Yes, I did resolve my issue. I have a large Collection and was trying to compare everything in that Collection to other records in another list. After it was kicked off the workflow seemed to start again after comparing ~1500 records from the Collection. So, to chunk it up; I inserted a pause step every 500 records. The workflow runs to completion as expected and does not restart. I really think the issue with large Collections is that the workflow dehydrates and restarts. But, cannot be 100% sure...


Hey Jeff,

thanks alot for your feedback. Seems like using a pause is required when processing this amount of records.

In general I would recommend to - if possible - not use workflows for these kind of tasks.
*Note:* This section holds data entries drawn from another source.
-- ===== src/Elicitation/Tests.antt =====
-- Approvals at concrete calls, and the theorems at these inputs.
use Prim.Native.String
use b2_mcp.Base.{
  String, [], arith, codes, false, if◌then◌else◌, none, refl, some, str_eq, true, ◌↔◌, ◌∷◌, ◌≡◌,
  ◌⊎◌,
}
use b2_mcp.Json.{
  Fields, Json, arr, bool, cons, end, field, fields_of, get, is_str, nil, null, obj, str, undefined,
}
use b2_mcp.DestructiveGate.Digest.{B2Config, destructive_target_digest}
use b2_mcp.Elicitation.State.{
  DestructiveElicitationState, RequestStateCodec, parse_destructive_elicitation_state, payload,
  prefixed, request_state_prefix,
}
use b2_mcp.Elicitation.Client.{
  ContextProviders, InputResponse, McpRequestExtra, accept, cancel,
  client_can_use_return_based_elicitation, decline, destructive_elicitation_enabled, elicited, held,
  mcp_input_responses, mcp_request_state, missing, other_kind,
}
use b2_mcp.Elicitation.Decide.{
  Call, Services, answer_of, destructive_elicitation_refused, goes_ahead, input_required,
  maybe_require_destructive_elicitation, refused, requested, verify_destructive_elicitation_state,
}
use b2_mcp.Elicitation.Rounds.{again, goes_ahead-again, state_for}
use b2_mcp.Elicitation.Message.{
  bulk_object_target_details, destructive_elicitation_details, destructive_elicitation_message,
  lifecycle_rule_target_details, notification_rule_target_details,
}
use b2_mcp.DestructiveGate.Detectors.{destructive_effect}
use b2_mcp.DestructiveGate.Check.{
  check_destructive, get_destructive_policy, has_destructive_elicitation_consent,
}
use b2_mcp.Elicitation.Approval.{IsElicited, IsYes}
use b2_mcp.Elicitation.Authority.{Authorises, can_ask, goes_ahead_iff}
use b2_mcp.Elicitation.Audit.{IsAudited, maybe_require_destructive_elicitation-IsAudited}
use b2_mcp.Elicitation.Prompt.{prompt_detail, prompt_truncation_detail, safe_prompt_value}

abbrev stringify : Json → String
stringify (str s) = String.◌++◌ "'" (String.◌++◌ s "'")
stringify (bool true) = "true"
stringify (bool false) = "false"
stringify _ = "null"

-- A stand-in for the keyed hash: it keeps its inputs apart.
abbrev hmac : String → String → String
hmac key text = String.◌++◌ key (String.◌++◌ "|" text)

abbrev digest : B2Config → Fields → String
digest = destructive_target_digest stringify hmac "\0"

abbrev config : B2Config
config = record {
  application_key = some "k";
  app_key = none;
  master_key = none;
  credential_fingerprint = none;
  destructive_policy = none;
}

abbrev args : Fields
args = field "bucketId" (str "b1") (field "confirm" (bool true) end)

abbrev effect : String
effect = "permanently delete a bucket"

abbrev args_digest : String
args_digest = "k|b2-mcp-destructive-target-args\0{'bucketId':'b1'}"

digested : digest config args ≡ args_digest
unfolding destructive_target_digest
digested = refl

abbrev signed : DestructiveElicitationState
signed = record {
  tool_name = "b2_delete_bucket";
  effect = effect;
  args_digest = args_digest;
  issued_at = 1000;
}

-- A codec that has signed one state.
abbrev codec : RequestStateCodec
codec = record {
  mint = λ p. some "token";
  verify = λ s. if str_eq s "token" then some (payload signed) else none;
}

abbrev action_of : Json → Json → InputResponse
action_of action content =
    if is_str "accept" action
    then elicited accept content
    else if is_str "decline" action
    then elicited decline content
    else if is_str "cancel" action
    then elicited cancel content
    else other_kind

abbrev response_of : Json → InputResponse
response_of (obj fs) = action_of (get "action" fs) (get "content" fs)
response_of _ = missing

abbrev services : Services
services = record {
  request_codec = λ c given. prefixed codec;
  digest = digest;
  message = destructive_elicitation_message (λ s. s);
  input_response = λ responses key. response_of (get key (fields_of responses));
  client_capabilities_meta_key = "capabilities";
  protocol_version_meta_key = "version";
}

abbrev envelope : Fields
envelope =
    field "version" (str "2026-07-28")
      (field "capabilities" (obj (field "elicitation" (obj end) end)) end)

abbrev request : Json → Json → McpRequestExtra
request responses state = record {
  client_capabilities = undefined;
  mcp_req = some (record {
    input_responses = responses;
    request_state = held state;
    client_capabilities = undefined;
    envelope = envelope;
  });
}

abbrev no_hooks : ContextProviders
no_hooks = record { capabilities = undefined; protocol_version = none; codec = none }

abbrev first_call : Call
first_call = record {
  tool_name = "b2_delete_bucket";
  args = args;
  extra = request undefined undefined;
  config = config;
  providers = no_hooks;
  flag = none;
  now = 1000;
}

abbrev agreeing : Json
agreeing = obj (
    field "destructiveConfirmation"
      (obj (
        field "action" (str "accept")
          (field "content" (obj (field "confirm" (bool true) end)) end)))
      end)

abbrev approving : McpRequestExtra
approving = request agreeing (str "b2-mcp-destructive-elicitation-v1.token")

abbrev second_call : Call
second_call = again services first_call approving 600000

-- The second call for another bucket, and ten minutes later.
abbrev other_bucket : Call
other_bucket = record second_call { args = field "bucketId" (str "b2") end }

abbrev too_late : Call
too_late = record second_call { now = 601001 }

abbrev switched_off : Call
switched_off = record first_call { flag = some (codes " OFF ") }

-- The model's own `confirm: true` does not do where a human can be asked; where none can, it does.
asked_first : goes_ahead services first_call ≡ false
unfolding goes_ahead maybe_require_destructive_elicitation destructive_effect get_destructive_policy
    destructive_elicitation_enabled client_can_use_return_based_elicitation mcp_input_responses
    mcp_request_state prefixed
asked_first = refl

approved : goes_ahead services second_call ≡ true
unfolding goes_ahead maybe_require_destructive_elicitation destructive_effect get_destructive_policy
    destructive_elicitation_enabled client_can_use_return_based_elicitation mcp_input_responses
    mcp_request_state verify_destructive_elicitation_state parse_destructive_elicitation_state
    prefixed destructive_target_digest check_destructive has_destructive_elicitation_consent
approved = refl

refused_for_another :
    maybe_require_destructive_elicitation services other_bucket
    ≡ destructive_elicitation_refused "b2_delete_bucket"
        "approved destructive target did not match this call" refused
unfolding maybe_require_destructive_elicitation destructive_effect get_destructive_policy
    destructive_elicitation_enabled client_can_use_return_based_elicitation mcp_input_responses
    mcp_request_state verify_destructive_elicitation_state parse_destructive_elicitation_state
    prefixed destructive_target_digest
refused_for_another = refl

expired :
    maybe_require_destructive_elicitation services too_late
    ≡ destructive_elicitation_refused "b2_delete_bucket" "requestState expired" refused
unfolding maybe_require_destructive_elicitation destructive_effect get_destructive_policy
    destructive_elicitation_enabled client_can_use_return_based_elicitation mcp_input_responses
    mcp_request_state verify_destructive_elicitation_state parse_destructive_elicitation_state
    prefixed destructive_target_digest
expired = refl

legacy : goes_ahead services switched_off ≡ true
unfolding goes_ahead maybe_require_destructive_elicitation destructive_effect get_destructive_policy
    destructive_elicitation_enabled check_destructive has_destructive_elicitation_consent
legacy = refl

abbrev bulk : Fields
bulk = field "bucket" (str "b\n1") (
    field "objects"
      (arr (
        cons (obj (field "Key" (str "a  c") end))
          (cons null (cons null (cons null (cons null (cons null nil)))))))
      end)

shown :
    destructive_elicitation_message (λ s. s) "s3_delete_objects" "delete" bulk
    ≡ codes
        "s3_delete_objects would delete. Bucket: b 1. Object count: 6. Object 1 key: a c. Additional object targets: 1. Approve this destructive B2 operation?"
unfolding destructive_elicitation_message destructive_elicitation_details prompt_detail
    safe_prompt_value bulk_object_target_details lifecycle_rule_target_details
    notification_rule_target_details prompt_truncation_detail
shown = refl

goes_ahead_iff_example : (goes_ahead services second_call ≡ true) ↔ (
    (destructive_effect "b2_delete_bucket" args ≡ none)
    ⊎ ((effect : String) × (destructive_effect "b2_delete_bucket" args ≡ some effect)
        × Authorises services (get_destructive_policy config) second_call effect))
goes_ahead_iff_example = goes_ahead_iff services second_call

maybe_require_destructive_elicitation-IsAudited_example :
    IsAudited second_call (maybe_require_destructive_elicitation services second_call)
maybe_require_destructive_elicitation-IsAudited_example =
    maybe_require_destructive_elicitation-IsAudited services second_call

found : destructive_effect "b2_delete_bucket" args ≡ some effect
unfolding destructive_effect
found = refl

config-IsElicited : IsElicited (get_destructive_policy config)
unfolding get_destructive_policy
config-IsElicited = tt

askable : can_ask services first_call ≡ true
unfolding destructive_elicitation_enabled client_can_use_return_based_elicitation
askable = refl

askable_again : can_ask services second_call ≡ true
unfolding destructive_elicitation_enabled client_can_use_return_based_elicitation
askable_again = refl

unanswered : answer_of services first_call ≡ missing
unfolding mcp_input_responses
unanswered = refl

no_state : mcp_request_state (request undefined undefined) ≡ undefined
unfolding mcp_request_state
no_state = refl

given_state : mcp_request_state approving ≡ str (String.◌++◌ request_state_prefix "token")
unfolding mcp_request_state
given_state = refl

agreed : IsYes (answer_of services second_call)
unfolding mcp_input_responses
agreed = refl

read : codec.verify "token" ≡ some (payload (state_for services first_call effect))
unfolding destructive_target_digest
read = refl

goes_ahead-again_example :
    (maybe_require_destructive_elicitation services first_call ≡ (
      input_required
          (destructive_elicitation_message (λ s. s) "b2_delete_bucket" effect args)
          (String.◌++◌ request_state_prefix "token"),
      requested ∷ [],
    ))
    × (goes_ahead services second_call ≡ true)
goes_ahead-again_example =
    goes_ahead-again services first_call effect "token" codec approving 600000 found
      config-IsElicited refl refl read askable unanswered no_state askable_again (omega arith)
      given_state agreed
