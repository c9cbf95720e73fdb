-- ===== src/Errors.antt =====
-- src/utils/errors.ts: from an unknown thrown value to the error that a tool reports.
-- `render` is the text that `JSON.stringify`, or `String` where that gives none, makes of a value
-- that is no text; `to_text` is `String(err)`.
pub mod Coded
pub mod Status
mod Tests
use mathlib.Core.Option
use b2_mcp.Base.{
  Bool, List, Option, String, [], false, first_some, get_or, if◌then◌else◌, is_some, ltb, none, not,
  or_else, some, str_eq, true, ℕ, ◌∷◌,
}
use b2_mcp.Value.{
  Store, Value, as_num, as_str, bool, coalesce, is_object, nonempty_str, null, num, prop, ref, str,
  undefined,
}
use b2_mcp.CauseChain.{find_in_cause_chain, matching}
use b2_mcp.CauseChain.Interruption.{is_abort_error, is_timeout_error}

-- The code's type says that `status` is a number; in one branch it passes on what it was given.
pub record B2ApiError : Type 0 where
  pub status : Value
  pub code : String
  pub message : String
  pub request_id : Option String
  pub extended_request_id : Option String

abbrev pub an_unknown_error : String
an_unknown_error = "An unknown error occurred"

abbrev pub simple : Value → String → String → B2ApiError
simple status code message = record {
  status = status;
  code = code;
  message = message;
  request_id = none;
  extended_request_id = none;
}

abbrev pub truthy : Value → Bool
truthy undefined = false
truthy null = false
truthy (bool b) = b
truthy (num n) = ltb 0 n
truthy (str s) = not (str_eq s "")
truthy (ref a) = true

module _ (h : Store) where
  unfoldable pub header_request_id : Value → Option String
  header_request_id headers =
      if is_object headers
      then as_str (
          coalesce (prop h headers "x-bz-request-id") (
            coalesce (prop h headers "x-amz-request-id")
              (coalesce (prop h headers "x-amz-id-2") (prop h headers "x-request-id"))))
      else none

  abbrev pub string_or_fallback : Value → String → String
  string_or_fallback v fallback = get_or (nonempty_str v) fallback

  abbrev pub number_or_fallback : Value → ℕ → ℕ
  number_or_fallback v fallback = get_or (as_num v) fallback

  unfoldable pub aws_error_code : Value → String
  aws_error_code e =
      get_or (or_else (nonempty_str (prop h e "Code")) (nonempty_str (prop h e "name")))
        "unknown_error"

  -- The properties of `resp.data`, or of the empty object.
  abbrev pub legacy_response_data : Value → String → Value
  legacy_response_data resp k =
      if is_object (prop h resp "data") then prop h (prop h resp "data") k else undefined

module _ (render : Store → Value → String) (to_text : Value → String) (h : Store) where
  abbrev pub message_or_fallback : Value → String → String
  message_or_fallback (str s) fallback = s
  message_or_fallback undefined fallback = fallback
  message_or_fallback null fallback = fallback
  message_or_fallback v fallback = render h v

  abbrev pub typed_error : Value → ℕ → String → B2ApiError
  typed_error e s c = record {
    status = num s;
    code = c;
    message = message_or_fallback (prop h e "message") an_unknown_error;
    request_id = as_str (prop h e "requestId");
    extended_request_id = none;
  }

  abbrev pub both : Value → Option ℕ → Option String → Option B2ApiError
  both e (some s) (some c) = some (typed_error e s c)
  both e _ _ = none

  unfoldable pub coded_error_from_value : Value → Option B2ApiError
  coded_error_from_value v = both v (as_num (prop h v "status")) (as_str (prop h v "code"))

  abbrev pub aws_error : Value → Value → ℕ → B2ApiError
  aws_error e meta s = record {
    status = num s;
    code = aws_error_code h e;
    message = message_or_fallback (prop h e "message") an_unknown_error;
    request_id = as_str (prop h meta "requestId");
    extended_request_id = as_str (prop h meta "extendedRequestId");
  }

  abbrev pub legacy_error : Value → ℕ → B2ApiError
  legacy_error resp s = record {
    status = num s;
    code = string_or_fallback h (legacy_response_data h resp "code") "unknown_error";
    message = message_or_fallback (legacy_response_data h resp "message") an_unknown_error;
    request_id = header_request_id h (prop h resp "headers");
    extended_request_id = none;
  }

  -- `e.$metadata` and `e.response`, where they are objects.
  abbrev pub object_at : Value → String → Option Value
  object_at e k = if is_object (prop h e k) then some (prop h e k) else none

  abbrev pub definitive_aws : Value → Option Value → Option B2ApiError
  definitive_aws e none = none
  definitive_aws e (some meta) =
      Option.map (aws_error e meta) (as_num (prop h meta "httpStatusCode"))

  abbrev pub definitive_legacy : Option Value → Option B2ApiError
  definitive_legacy none = none
  definitive_legacy (some resp) = Option.map (legacy_error resp) (as_num (prop h resp "status"))

  pub interruption : Value → Option B2ApiError
  interruption e =
      if is_some (find_in_cause_chain h (matching (is_timeout_error h)) e)
      then some (
          simple (num 504) "request_timeout"
            (message_or_fallback (prop h e "message") "The request timed out"))
      else if is_some (find_in_cause_chain h (matching (is_abort_error h)) e)
      then some (
          simple (num 499) "request_aborted"
            (message_or_fallback (prop h e "message") "The request was aborted"))
      else none

  abbrev pub incomplete_aws : Value → Option Value → Option B2ApiError
  incomplete_aws e none = none
  incomplete_aws e (some meta) = some (aws_error e meta 500)

  abbrev pub incomplete_legacy : Option Value → Option B2ApiError
  incomplete_legacy none = none
  incomplete_legacy (some resp) =
      some (legacy_error resp (number_or_fallback h (prop h resp "status") 500))

  abbrev pub already_parsed : Value → Option String → Option String → Option B2ApiError
  already_parsed e (some c) (some m) = some (record {
    status = coalesce (prop h e "status") (num 500);
    code = c;
    message = m;
    request_id = as_str (prop h e "requestId");
    extended_request_id = none;
  })
  already_parsed e _ _ = none

  abbrev pub with_message : Value → Option B2ApiError
  with_message e =
      if truthy (prop h e "message")
      then some (
          simple (num 500) "internal_error"
            (message_or_fallback (prop h e "message") an_unknown_error))
      else none

  -- The returns of the function for an object, in their order.
  abbrev pub object_returns : Value → List (Option B2ApiError)
  object_returns e =
      let meta = object_at e "$metadata" in
      let resp = object_at e "response" in
      (coded_error_from_value e
        ∷ definitive_aws e meta
        ∷ definitive_legacy resp
        ∷ find_in_cause_chain h coded_error_from_value e
        ∷ interruption e
        ∷ incomplete_aws e meta
        ∷ incomplete_legacy resp
        ∷ already_parsed e (as_str (prop h e "code")) (as_str (prop h e "message"))
        ∷ with_message e
        ∷ [])

  pub object_error : Value → Option B2ApiError
  object_error e = first_some (object_returns e)

  unfoldable pub parse_b2_error : Value → B2ApiError
  parse_b2_error err =
      get_or (if is_object err then object_error err else none)
        (simple (num 500) "internal_error" (to_text err))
It's just not what they are made for. However, many people do not have the skill/time/permissions to create e.g. a PowerShell script and therefore make use of the workflow engine. With all the cloud stuff coming up I'm afraid we can bury all hope for Microsoft to improve their onPrem workflow engine. Let's just hope that Nintex Workflow Cloud will be our savior one day silly.png

Cheers

Philipp


I strongly recomend you to use the PowerShell script (started from scheduled tasks) because this type of workflow will heavily utilize your timer service and make problems (slow run and delays) with all another workflows.

And your problem? I think, that this is timeout issue.

Have you ever tied to start this workflow via PowerShell? Try to set corresponding value to $proxy.Timeout.

    ÂString]$associationData = "<Data><Action>Create</Action></Data>"
    $username = "Domainusername"
    $password = "Password"
    $secpasswd = ConvertTo-SecureString $password -AsPlainText -Force
    $credential = New-Object System.Management.Automation.PSCredential($username,$secpasswd);
    $proxyWSUrl = $siteCollectionURL + "/_vti_bin/NintexWorkflow/workflow.asmx"
    $proxyWSUrl = $proxyWSUrl
    $proxy = New-WebServiceProxy -Uri $proxyWSUrl -Credential $credential
    $proxy.Timeout = 600000
    $proxy.Url = $proxyWSUrl
    $workflow = $proxy.StartWorkflowOnListItem($listItemId,$spList,$workflowName,$associationData)


Just a minor improvement in case you're not going to store the password openly: 

$credential = Get-Credential -UserName $username


There is one additional way (better for automation) if someone uses Workflow Constants:

[void][System.Reflection.Assembly]::LoadWithPartialName("Nintex.Workflow")
$spWeb = Get-SPWeb https://web.domain.com;
$spWebId = $spWeb.ID;
$spSiteId = $spWeb.Site.ID;
$workflowConstantCollection = New-Object -TypeName "Nintex.Workflow.WorkflowConstantCollection"
$workflowConstantCollection = [Nintex.Workflow.WorkflowConstantCollection]::GetWorkflowConstants($spWebId, $spSiteId);
$workflowConstant = $workflowConstantCollection | Where-Object {$_.Title -eq "adminCredentials"}
[System.Xml.XmlDocument]$workflowConstantValue = new-object System.Xml.XmlDocument
$workflowConstantValue.LoadXml($workflowConstant.Value)
$username = $workflowConstantValue.CredentialValue.Username
$password = $workflowConstantValue.CredentialValue.Password
$secpasswd = ConvertTo-SecureString $password -AsPlainText -Force
$credential = New-Object System.Management.Automation.PSCredential($username,$secpasswd);


This must be run on the server unlike your previous version.